-- ===== src/Purchases/Ensured.antt =====
-- One run of the scheduler gives a schedule its task, and every further run finds it.
use pulse_crm.Prelude.Table.Laws.{find?-test, find?-update_keep, find?_of_any}
use pulse_crm.Prelude.Table.Members.{find?-mem, All-mem}
use pulse_crm.Prelude.{
  ℕ, ◌≡◌, refl, ◌⊎◌, inl, inr, ◌∙◌, true, false, Option, none, some, ◌∷◌, find?, String, ok, arith,
  ◌==◌, ==_refl,
}
use pulse_crm.Purchases.{
  active, is_active, PurchaseSchedule, PurchaseTaskResult, PurchaseStore, own_schedule, own_task,
  new_task, linked, reminder, create_task, settle_task, ensure_purchase_task,
}
use pulse_crm.Purchases.Linked.{IsLinked, has_task}

module _ (str : ℕ → String) (workspace_id : ℕ) (x : PurchaseSchedule) (s : PurchaseStore) where
  -- The schedule of the result names the task of the result, which is in the table; the task, its
  -- deadline and its reminder are written unless the schedule had its task.
  abbrev pub IsEnsured : PurchaseTaskResult → PurchaseStore → Type 0
  IsEnsured r s' =
      (r.schedule.task_id ≡ some r.task.id)
      × (find? (own_task workspace_id r.task.id) s'.tasks ≡ some r.task)
      × (((r.created ≡ false) × (r.schedule ≡ x) × (s' ≡ s))
          ⊎ ((r.created ≡ true)
              × (x.task_id ≡ none)
              × (r.task.due_at ≡ x.scheduled_for)
              × (s'.tasks ≡ r.task ∷ s.tasks)
              × (s'.events ≡ reminder str workspace_id r.schedule r.task ∷ s.events)))

  module _ (task_id now task_id' now' schedule_id : ℕ) (title title' : String)
      (found : find? (own_schedule workspace_id schedule_id) s.schedules ≡ some x)
      (open_one : x.status ≡ active) where
    settle_task-IsEnsured :
        (o : Option ℕ)
        → x.task_id ≡ o
        → has_task s.tasks workspace_id o ≡ true
        → (r : PurchaseTaskResult) × (s' : PurchaseStore) × (settle_task str task_id now
              workspace_id title x o s
            ≡ ok (r, s'))
          × IsEnsured r s'
          × (ensure_purchase_task str task_id' now' workspace_id schedule_id title' s'
              ≡ ok (record r { created = false }, s'))
    unfolding settle_task ensure_purchase_task create_task has_task own_task find? own_schedule
    settle_task-IsEnsured none e h =
        let i = ==_refl task_id in
        let w = ==_refl workspace_id in
        let task = new_task task_id workspace_id title x in
        let (r, s') = create_task str task_id now workspace_id title x s in
        let there : find? (own_task workspace_id task_id) (task ∷ s.tasks) ≡ some task =
          ground (arith, i, w) in
        let again : find? (own_schedule workspace_id schedule_id) s'.schedules
            ≡ some (linked task_id now x) =
          find?-update_keep (own_schedule workspace_id schedule_id) (λ y. y.id == x.id)
            (linked task_id now) (λ y. refl) s.schedules found (==_refl x.id) in
        (
          r,
          s',
          refl,
          (refl, there, inr (refl, e, refl, refl, refl)),
          rw (again, open_one, there) refl,
        )
    settle_task-IsEnsured (some old) e h =
        let (task, there) = find?_of_any (own_task workspace_id old) s.tasks h in
        let named : task.id ≡ old =
          let own = find?-test (own_task workspace_id old) s.tasks there in ground (arith, own) in
        (
          record { schedule = x; task = task; created = false },
          s,
          rw there refl,
          (rw named e, rw named there, inl (refl, refl, refl)),
          rw (found, open_one, e, there) refl,
        )

-- A run of the scheduler for an active schedule succeeds where every schedule's task exists. It
-- returns the task that the schedule names from then on: the one it had, with nothing written, or a
-- new one that is due at the expected purchase, with exactly one reminder. A further run returns the
-- same schedule and task as not created and writes nothing.
pub ensure_purchase_task_again :
    (str : ℕ → String) (task_id now task_id' now' workspace_id schedule_id : ℕ)
    (title title' : String) (x : PurchaseSchedule) (s : PurchaseStore)
    → IsLinked s
    → find? (own_schedule workspace_id schedule_id) s.schedules ≡ some x
    → x.status ≡ active
    → (r : PurchaseTaskResult) × (s' : PurchaseStore) × (ensure_purchase_task str task_id now
          workspace_id schedule_id title s
        ≡ ok (r, s'))
      × IsEnsured str workspace_id x s r s'
      × (ensure_purchase_task str task_id' now' workspace_id schedule_id title' s'
          ≡ ok (record r { created = false }, s'))
unfolding ensure_purchase_task own_schedule
ensure_purchase_task_again str task_id now task_id' now' workspace_id schedule_id title title' x s
      inv found is_open =
    let mine = own_schedule workspace_id schedule_id in
    let own : x.workspace_id ≡ workspace_id =
      let t = find?-test mine s.schedules found in ground (arith, t) in
    let held = All-mem _ inv.1 (find?-mem mine s.schedules found) in
    let (r, s', done, ensured, again) =
      settle_task-IsEnsured str workspace_id x s task_id now task_id' now' schedule_id title title'
        found is_open x.task_id refl (rw own at held) in
    let live : is_active x.status ≡ true = rw is_open refl in
    let step : ensure_purchase_task str task_id now workspace_id schedule_id title s
        ≡ settle_task str task_id now workspace_id title x x.task_id s =
      rw (found, live) refl in
    (r, s', step ∙ done, ensured, again)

********************

**Action item:** Among the lines above, find the one with "workspace_id o ≡ true" and the one with "(title title' : String) (x". Quote both and everything between them, exactly.

**Response to the task:**
        → has_task s.tasks workspace_id o ≡ true
        → (r : PurchaseTaskResult) × (s' : PurchaseStore) × (settle_task str task_id now
              workspace_id title x o s
            ≡ ok (r, s'))
          × IsEnsured r s'
          × (ensure_purchase_task str task_id' now' workspace_id schedule_id title' s'
              ≡ ok (record r { created = false }, s'))
    unfolding settle_task ensure_purchase_task create_task has_task own_task find? own_schedule
    settle_task-IsEnsured none e h =
        let i = ==_refl task_id in
        let w = ==_refl workspace_id in
        let task = new_task task_id workspace_id title x in
        let (r, s') = create_task str task_id now workspace_id title x s in
        let there : find? (own_task workspace_id task_id) (task ∷ s.tasks) ≡ some task =
          ground (arith, i, w) in
        let again : find? (own_schedule workspace_id schedule_id) s'.schedules
            ≡ some (linked task_id now x) =
          find?-update_keep (own_schedule workspace_id schedule_id) (λ y. y.id == x.id)
            (linked task_id now) (λ y. refl) s.schedules found (==_refl x.id) in
        (
          r,
          s',
          refl,
          (refl, there, inr (refl, e, refl, refl, refl)),
          rw (again, open_one, there) refl,
        )
    settle_task-IsEnsured (some old) e h =
        let (task, there) = find?_of_any (own_task workspace_id old) s.tasks h in
        let named : task.id ≡ old =
          let own = find?-test (own_task workspace_id old) s.tasks there in ground (arith, own) in
        (
          record { schedule = x; task = task; created = false },
          s,
          rw there refl,
          (rw named e, rw named there, inl (refl, refl, refl)),
          rw (found, open_one, e, there) refl,
        )

-- A run of the scheduler for an active schedule succeeds where every schedule's task exists. It
-- returns the task that the schedule names from then on: the one it had, with nothing written, or a
-- new one that is due at the expected purchase, with exactly one reminder. A further run returns the
-- same schedule and task as not created and writes nothing.
pub ensure_purchase_task_again :
    (str : ℕ → String) (task_id now task_id' now' workspace_id schedule_id : ℕ)
    (title title' : String) (x : PurchaseSchedule) (s : PurchaseStore)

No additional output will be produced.